Records excerpted from a collection
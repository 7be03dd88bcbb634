-- ===== src/Fs/Change.antt =====
-- Creating, removing and renaming entries (lab4/fs5600.c): `fs_create`, `fs_mkdir`, `fs_unlink`,
-- `fs_rmdir`, `fs_rename`, and `fs_truncate`. The caller's ids and the clock are arguments.
pub mod Inode
pub mod Create
pub mod Free
pub mod Removal
pub mod Unlink
pub mod Rmdir
pub mod Truncate
mod Tests
mod RmdirTests
use neu_cs5600_cmpsys.Base.{
  ℕ, zero, suc, ◌+◌, ◌%◌, ◌^◌, Bool, true, false, not, ◌&&◌, ◌||◌, List, [], ◌∷◌, Option, none,
  some, ltb, ◌==◌, if◌then◌else◌, length, replicate,
}
use neu_cs5600_cmpsys.Base.Bytes.{Bytes, streq}
use neu_cs5600_cmpsys.Fs.Alloc.{alloc_blk, free_blk}
use neu_cs5600_cmpsys.Fs.Attr.{div_round_up}
use neu_cs5600_cmpsys.Fs.Bitmap.{fs_block_size}
use neu_cs5600_cmpsys.Fs.Block.{
  u32, set16, set32, set_header, uid_at, gid_at, mode_at, ctime_at, mtime_at, size_at, ptr_at,
  num_ptrs_inode, is_dir, inode_of,
}
use neu_cs5600_cmpsys.Fs.Dir.{find_dirent, find_empty, find_full, strcpy_name}
use neu_cs5600_cmpsys.Fs.Monad.{
  Errno, enoent, enotdir, eisdir, eexist, einval, enospc, enotempty, eio, undefined, done, M, ◌>>=◌,
  ◌>>◌, return, fail, fail_if, read_checked, read_block, write_block,
}
use neu_cs5600_cmpsys.Fs.Path.{
  Ret, found, missing, is_absolute, sep_path, par_len, par_path, path_inum,
}

-- A value that has to be there, where the code would use what is not.
abbrev pub expect : {A : Type 0} → Option A → M A
expect none d = undefined
expect (some a) d = done a d

abbrev pub last_of : List Bytes → Option Bytes
last_of [] = none
last_of (t ∷ []) = some t
last_of (t ∷ u ∷ ts) = last_of (u ∷ ts)

abbrev pub is_positive : Ret → Bool
is_positive (missing e) = false
is_positive (found zero) = false
is_positive (found (suc n)) = true

-- The inode that a path names, or an error in place of the one found.
abbrev pub inum_or : Errno → Bytes → M ℕ
inum_or e path = do r ← path_inum path; elim r [ missing _ ↦ fail e | found i ↦ return i ]

-- The new inode of a file or a directory: the fields that the code sets, over what the array on the
-- stack holds.
unfoldable pub new_inode : Bytes → ℕ → ℕ → ℕ → ℕ → ℕ → Bytes
new_inode junk uid gid mode size now =
    set32
      (set32 (set32 (set32 (set16 (set16 junk uid_at uid) gid_at gid) mode_at mode) size_at size)
        ctime_at now)
      mtime_at now

-- What `fs_create` and `fs_mkdir` do first: the checks of the path, up to the parent's inode number
-- and the name of the new entry.
unfoldable pub new_entry : Bytes → M (ℕ × Bytes)
new_entry path = do
  fail_if (not (is_absolute path)) enoent
  old ← path_inum path
  fail_if (is_positive old) eexist
  ts ← expect (sep_path path)
  par ← expect (par_path ts path)
  name ← expect (last_of ts)
  fail_if (ltb 27 (length name)) einval
  inum ← inum_or enoent par
  return (inum, name)

-- `junk` is the inode on the stack before its fields are set; its pointers are never set.
pub fs_create : Bytes → ℕ → ℕ → ℕ → ℕ → Bytes → M (Unit {0})
unfolding new_entry new_inode
fs_create path mode uid gid now junk = do
  (inum, name) ← new_entry path
  par ← read_block inum
  fail_if (not (is_dir (u32 par mode_at))) enotdir
  let at = u32 par (ptr_at 0)
  buf ← read_block at
  k ← elim (find_empty buf) [ none ↦ fail enospc | some k ↦ return k ]
  b ← alloc_blk
  new ← elim b [ none ↦ fail enospc | some i ↦ return i ]
  named ← expect (strcpy_name buf k name)
  write_block new (new_inode junk uid gid (mode % 4096 + 2 ^ 15) 0 now)
  write_block at (set_header named k 1 new)

pub fs_mkdir : Bytes → ℕ → ℕ → ℕ → ℕ → Bytes → M (Unit {0})
unfolding new_entry new_inode
fs_mkdir path mode uid gid now junk = do
  (inum, name) ← new_entry path
  par ← read_block inum
  fail_if (not (is_dir (u32 par mode_at))) enotdir
  let at = u32 par (ptr_at 0)
  buf ← read_block at
  k ← elim (find_empty buf) [ none ↦ fail enospc | some k ↦ return k ]
  b ← alloc_blk
  sub ← elim b [ none ↦ fail enospc | some i ↦ return i ]
  c ← alloc_blk
  entries ← elim c [ none ↦ (free_blk sub >> fail enospc) | some i ↦ return i ]
  write_block entries (replicate fs_block_size 0)
  write_block sub
      (set32 (new_inode junk uid gid (mode % 4096 + 2 ^ 14) fs_block_size now) (ptr_at 0) entries)
  named ← expect (strcpy_name buf k name)
  write_block at (set_header named k 1 sub)

-- What `fs_unlink` and `fs_rmdir` do first: the parent's inode number, its inode, the block of its
-- entries, and the entry of the path's last name.
unfoldable pub old_entry : Bytes → M (ℕ × Bytes × Bytes × ℕ)
old_entry path = do
  fail_if (not (is_absolute path)) enoent
  ts ← expect (sep_path path)
  par ← expect (par_path ts path)
  inum ← inum_or enoent par
  in' ← read_block inum
  fail_if (not (is_dir (u32 in' mode_at))) enotdir
  buf ← read_block (u32 in' (ptr_at 0))
  name ← expect (last_of ts)
  k ← elim (find_dirent buf name) [ none ↦ fail enoent | some k ↦ return k ]
  return (inum, in', buf, k)

-- The blocks of a file from pointer `i` on, `n` of them.
unfoldable pub free_from : Bytes → ℕ → ℕ → M (Unit {0})
free_from in' i zero = return tt
free_from in' i (suc n) =
    if ltb i num_ptrs_inode
    then (free_blk (u32 in' (ptr_at i)) >> free_from in' (i + 1) n)
    else λ d. undefined

-- `dirent->valid = 0` leaves the entry's inode number.
abbrev pub cleared : Bytes → ℕ → Bytes
cleared buf k = set_header buf k 0 (inode_of buf k)

pub fs_unlink : Bytes → ℕ → M (Unit {0})
unfolding old_entry free_from
fs_unlink path now = do
  (inum, par, buf, k) ← old_entry path
  let file = inode_of buf k
  in' ← read_block file
  fail_if (is_dir (u32 in' mode_at)) eisdir
  free_from in' 0 (div_round_up (u32 in' size_at) fs_block_size)
  free_blk file
  write_block (u32 par (ptr_at 0)) (cleared buf k)
  write_block inum (set32 par mtime_at now)

abbrev pub is_root : Option (List Bytes) → Bool
is_root none = false
is_root (some []) = true
is_root (some (t ∷ ts)) = false

-- The root cannot be removed.
unfoldable pub fs_rmdir : Bytes → ℕ → M (Unit {0})
unfolding old_entry
fs_rmdir path now = do
  fail_if (is_absolute path && is_root (sep_path path)) enoent
  (inum, par, buf, k) ← old_entry path
  let sub = inode_of buf k
  in' ← read_block sub
  fail_if (not (is_dir (u32 in' mode_at))) enotdir
  let entries = u32 in' (ptr_at 0)
  inside ← read_block entries
  elim (find_full inside) [ none ↦ return tt | some _ ↦ fail enotempty ]
  free_blk entries
  free_blk sub
  write_block (u32 par (ptr_at 0)) (cleared buf k)
  write_block inum (set32 par mtime_at now)

-- All tokens but the last agree, and the two lists are of one length.
abbrev pub same_parent : List Bytes → List Bytes → Bool
same_parent [] [] = true
same_parent (s ∷ []) (t ∷ []) = true
same_parent (s ∷ s' ∷ ss) (t ∷ t' ∷ ts) = streq s t && same_parent (s' ∷ ss) (t' ∷ ts)
same_parent _ _ = false

pub fs_rename : Bytes → Bytes → M (Unit {0})
unfolding par_len
fs_rename src dst = do
  fail_if (not (is_absolute src) || not (is_absolute dst)) enoent
  inum ← inum_or enoent src
  other ← path_inum dst
  fail_if (is_positive other) eexist
  ss ← expect (sep_path src)
  ts ← elim (sep_path dst) [ none ↦ fail einval | some ts ↦ return ts ]
  fail_if (not (same_parent ss ts)) einval
  par ← expect (par_path ss src)
  r ← path_inum par
  -- a negative number makes the read fail
  at ← elim r [ missing _ ↦ fail eio | found i ↦ return i ]
  in' ← read_checked at
  buf ← read_checked (u32 in' (ptr_at 0))
  from ← expect (last_of ss)
  to ← expect (last_of ts)
  k ← expect (find_dirent buf from)
  named ← expect (strcpy_name buf k to)
  write_block (u32 in' (ptr_at 0)) named

unfoldable pub fs_truncate : Bytes → ℕ → M (Unit {0})
unfolding free_from
fs_truncate path len = do
  fail_if (not (len == 0)) einval
  r ← path_inum path
  elim r [
    | missing e ↦ fail e
    | found zero ↦ return tt
    | found (suc n) ↦ do
      in' ← read_block (suc n)
      fail_if (is_dir (u32 in' mode_at)) eisdir
      free_from in' 0 (div_round_up (u32 in' size_at) fs_block_size)
      write_block (suc n) (set32 in' size_at 0)
  ]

> _TASK_: Where a line of the entries contains the word "false", copy that line.

> _OUTPUT OF THE TASK_:
  ℕ, zero, suc, ◌+◌, ◌%◌, ◌^◌, Bool, true, false, not, ◌&&◌, ◌||◌, List, [], ◌∷◌, Option, none,
is_positive (missing e) = false
is_positive (found zero) = false
is_root none = false
is_root (some (t ∷ ts)) = false
same_parent _ _ = false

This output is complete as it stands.